In Figure 6-6, all services have migrated to the new routing capability, allowing the old service to be removed. This matches the workflow shown in Figure 6-2.

The database can evolve right alongside the architecture as long as developers apply proper engineering practices such as continuous integration, source control, and so on. This ability to easily change the database schema is critical: a database represents an abstraction based on the real world, which can change unexpectedly. While data abstractions resist change better than behavior, they must still evolve. Architects must treat data as a primary concern when building an evolutionary architecture.

Refactoring databases is an important skill and craft for the data team and developers to hone. Data is fundamental to many applications. To build evolvable systems, developers and the data team must embrace effective data practices alongside other modern engineering practices.

From Native to Fitness Function

Sometime choices in software architecture cause issues in other parts of the ecosystem. When architects embraced microservices architectures, which suggests one database per bounded context, it changed data teams’ traditional perspective about databases: they are more accustomed to a single relational database, along with the conveniences those tools and model provide. For example, data teams pay close attention to referential integrity, to ensure the correctness of the connecting points of the data structure.

But what happens when architects want to break databases into a data-per-service architecture like microservices—​how can they convince skeptical data teams that the advantages of microservices outweigh giving up some of their trusted mechanisms?

Because it is a form of governance, architects can reassure data teams by wiring continuous fitness functions into the build to ensure important pieces maintain integrity and address other issues.

Referential Integrity

Referential integrity is a form of governance, at the data schema level rather than architecture coupling. However, to an architect, both impact the ability to evolve the application by increasing coupling. For example, many cases exist where data teams are reluctant to break up tables into separate databases because of referential integrity, but that coupling prevents both services coupled to it from changing.

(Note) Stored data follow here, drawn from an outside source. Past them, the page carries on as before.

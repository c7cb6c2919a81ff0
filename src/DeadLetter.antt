-- ===== src/DeadLetter.antt =====
-- The queue of the audit events that could not be stored: src/syndicateclaw/audit/dead_letter.py.
pub mod Queue
pub mod Retry
pub mod Exhaustion
pub mod GivesUp
pub mod Reemission
mod Tests
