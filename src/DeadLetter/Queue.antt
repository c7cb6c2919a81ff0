-- ===== src/DeadLetter/Queue.antt =====
-- `DeadLetterQueue` of src/syndicateclaw/audit/dead_letter.py, with `AuditService.emit` of
-- src/syndicateclaw/audit/service.py, which it retries with and which may hand events to it. An
-- event is what it stores of one (`P`); what is added to an error message is left out.
use syndicateclaw.Base.{
  ℕ, suc, ◌+◌, Bool, true, false, ◌&&◌, Option, none, some, List, [], ◌∷◌, String, string_eq, any,
  leb, keep, length, if◌then◌else◌, Result, ok, err, value_error,
}
use syndicateclaw.Text.{substring}
use syndicateclaw.Storage.{Sessions}

pub data DeadLetterStatus : Type 0 where
  pending retried failed_permanent discarded resolved : DeadLetterStatus

pub data ErrorCategory : Type 0 where
  transient permanent : ErrorCategory

pub record DeadLetter (P : Type 0) : Type 0 where
  pub id : String
  pub event_payload : P
  pub error_message : String
  pub error_category : ErrorCategory
  pub status : DeadLetterStatus
  pub retry_count : ℕ
  pub max_retries : ℕ
  pub last_retry_at : Option ℕ
  pub resolved_at : Option ℕ
  pub resolved_by : Option String

abbrev permanent_indicators : List String
permanent_indicators =
    "validation" ∷ "schema" ∷ "invalid" ∷ "malformed" ∷ "permission" ∷ "forbidden" ∷ "not found"
    ∷ []

-- `_classify_error`
unfoldable pub classify_error : (String → String) → String → ErrorCategory
classify_error lower error =
    if any (λ indicator. substring indicator (lower error)) permanent_indicators
    then permanent
    else transient

abbrev pub is_pending : DeadLetterStatus → Bool
is_pending pending = true
is_pending _ = false

abbrev pub is_transient : ErrorCategory → Bool
is_transient transient = true
is_transient permanent = false

-- What `retry_all` selects.
abbrev pub is_eligible : {P : Type 0} → DeadLetter P → Bool
is_eligible r = is_pending r.status && is_transient r.error_category

abbrev pub retries_of : ErrorCategory → ℕ
retries_of transient = 3
retries_of permanent = 0

module _ {P : Type 0} where
  abbrev pub new_record : (String → String) → String → P → String → DeadLetter P
  new_record lower id payload error = record {
    id = id;
    event_payload = payload;
    error_message = error;
    error_category = classify_error lower error;
    status = pending;
    retry_count = 0;
    max_retries = retries_of (classify_error lower error);
    last_retry_at = none;
    resolved_at = none;
    resolved_by = none;
  }

  abbrev pub exhausted : DeadLetter P → DeadLetter P
  exhausted row = record row { status = failed_permanent }

  abbrev pub retried_at : ℕ → DeadLetter P → DeadLetter P
  retried_at now row = record row { retry_count = suc row.retry_count; last_retry_at = some now }

  abbrev pub resolved_at : ℕ → String → DeadLetter P → DeadLetter P
  resolved_at now actor row = record row {
    status = resolved;
    resolved_at = some now;
    resolved_by = some actor;
  }

-- The table of the queue, and the store of the audit events.
pub record World {P : Type 0} (S : Sessions (DeadLetter P) (λ r. r.id)) (A : Type 0) : Type 0 where
  pub db : S.Db
  pub store : A

module _ {P : Type 0} (S : Sessions (DeadLetter P) (λ r. r.id)) where
  -- `row = session.get(rec.id)`, and what is done to it if it is there
  abbrev pub change_row : String → (DeadLetter P → DeadLetter P) → S.Db → S.Db
  change_row id f d = elim (S.get id d) [ none ↦ d | some row ↦ S.merge (f row) d ]

module _ {P A : Type 0} (S : Sessions (DeadLetter P) (λ r. r.id)) where
  unfoldable pub enqueue :
      (String → String) → String → P → String → World S A → Result String × World S A
  enqueue lower id payload error w = elim (S.add (new_record lower id payload error) w.db) [
    | ok d ↦ (ok id, record w { db = d })
    | err e ↦ (err e, w)
  ]

  unfoldable pub resolve_letter : ℕ → String → String → World S A → Result (Unit {0}) × World S A
  resolve_letter now record_id actor w = elim (S.get record_id w.db) [
    | none ↦ (err value_error, w)
    | some row ↦ (ok tt, record w { db = S.merge (resolved_at now actor row) w.db })
  ]

  unfoldable pub pending_size : World S A → ℕ
  pending_size w = length (keep (λ r. is_pending r.status) (S.rows w.db))

  -- what follows the hand-over to the queue
  abbrev pub handed : Result String × World S A → Bool × World S A
  handed (ok id, w) = (true, w)
  handed (err e, w) = (false, w)

  -- `AuditService.emit`, false where it raises: `persist` answers the error of the store. With the
  -- queue attached it hands the event to it, and raises only what that raises.
  unfoldable pub emit_event :
      (P → A → Option String × A)
      → Option (String → String)
      → String
      → P
      → World S A
      → Bool × World S A
  unfolding enqueue
  emit_event persist queue fresh payload w =
      let (failure, store') = persist payload w.store in
      let after = record w { store = store' } in
      elim failure [
        | none ↦ (true, after)
        | some error ↦ elim queue [
          | none ↦ (false, after)
          | some lower ↦ handed (enqueue lower fresh payload error after)
        ]
      ]

  -- The service that is retried with, over the whole state.
  module _ (emits : P → World S A → Bool × World S A) where
    unfoldable pub retry_row : ℕ → DeadLetter P → World S A → Bool × World S A
    retry_row now rec w =
        if leb rec.max_retries rec.retry_count
        then (false, record w { db = change_row S rec.id exhausted w.db })
        else let (sent, w') = emits rec.event_payload w in
          if sent
          then (
            true,
            record w' { db = change_row S rec.id (resolved_at now "system:dlq_retry") w'.db },
          )
          else (false, record w' { db = change_row S rec.id (retried_at now) w'.db })

    unfoldable pub retry_rows : ℕ → List (DeadLetter P) → World S A → ℕ × World S A
    unfolding retry_row
    retry_rows now [] w = (0, w)
    retry_rows now (rec ∷ recs) w =
        let (done, w') = retry_row now rec w in
        let (count, w'') = retry_rows now recs w' in ((if done then 1 else 0) + count, w'')

    unfoldable pub retry_all : ℕ → World S A → ℕ × World S A
    unfolding retry_rows
    retry_all now w = retry_rows now (keep is_eligible (S.rows w.db)) w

Referential integrity in databases refers to primary keys and their linkages. In distributed architectures, teams also have unique identifiers for entities, frequently expressed as GUIDs or some other random sequence. Thus, architects must write fitness functions to ensure that if, for example, a particular item is deleted by the owner of the information, that deletion is propagated to other services that might still reference the deleted entity. A number of patterns in event-driven architecture address these kinds of background tasks; one such example appears in Figure 6-7.

Using event-based data synchronization to handle referential integrity
Figure 6-7. Using event-based data synchronization to handle referential integrity

In Figure 6-7, when the user interface rejects a trade via the Trader Blotter service, it propagates a message on a durable message queue that all interested services monitor, updating or deleting the changes as needed.

While referential integrity in databases is powerful, it sometimes creates undesirable coupling, which must be weighed against the benefits.

Data Duplication

When teams become accustomed to a single relational database, they don’t often think of the two operations—read and write—as separate. However, microservices architectures force teams to think more carefully about which services can update information versus which services can just read it. Consider the common scenario faced by many teams new to microservices, illustrated in Figure 6-8.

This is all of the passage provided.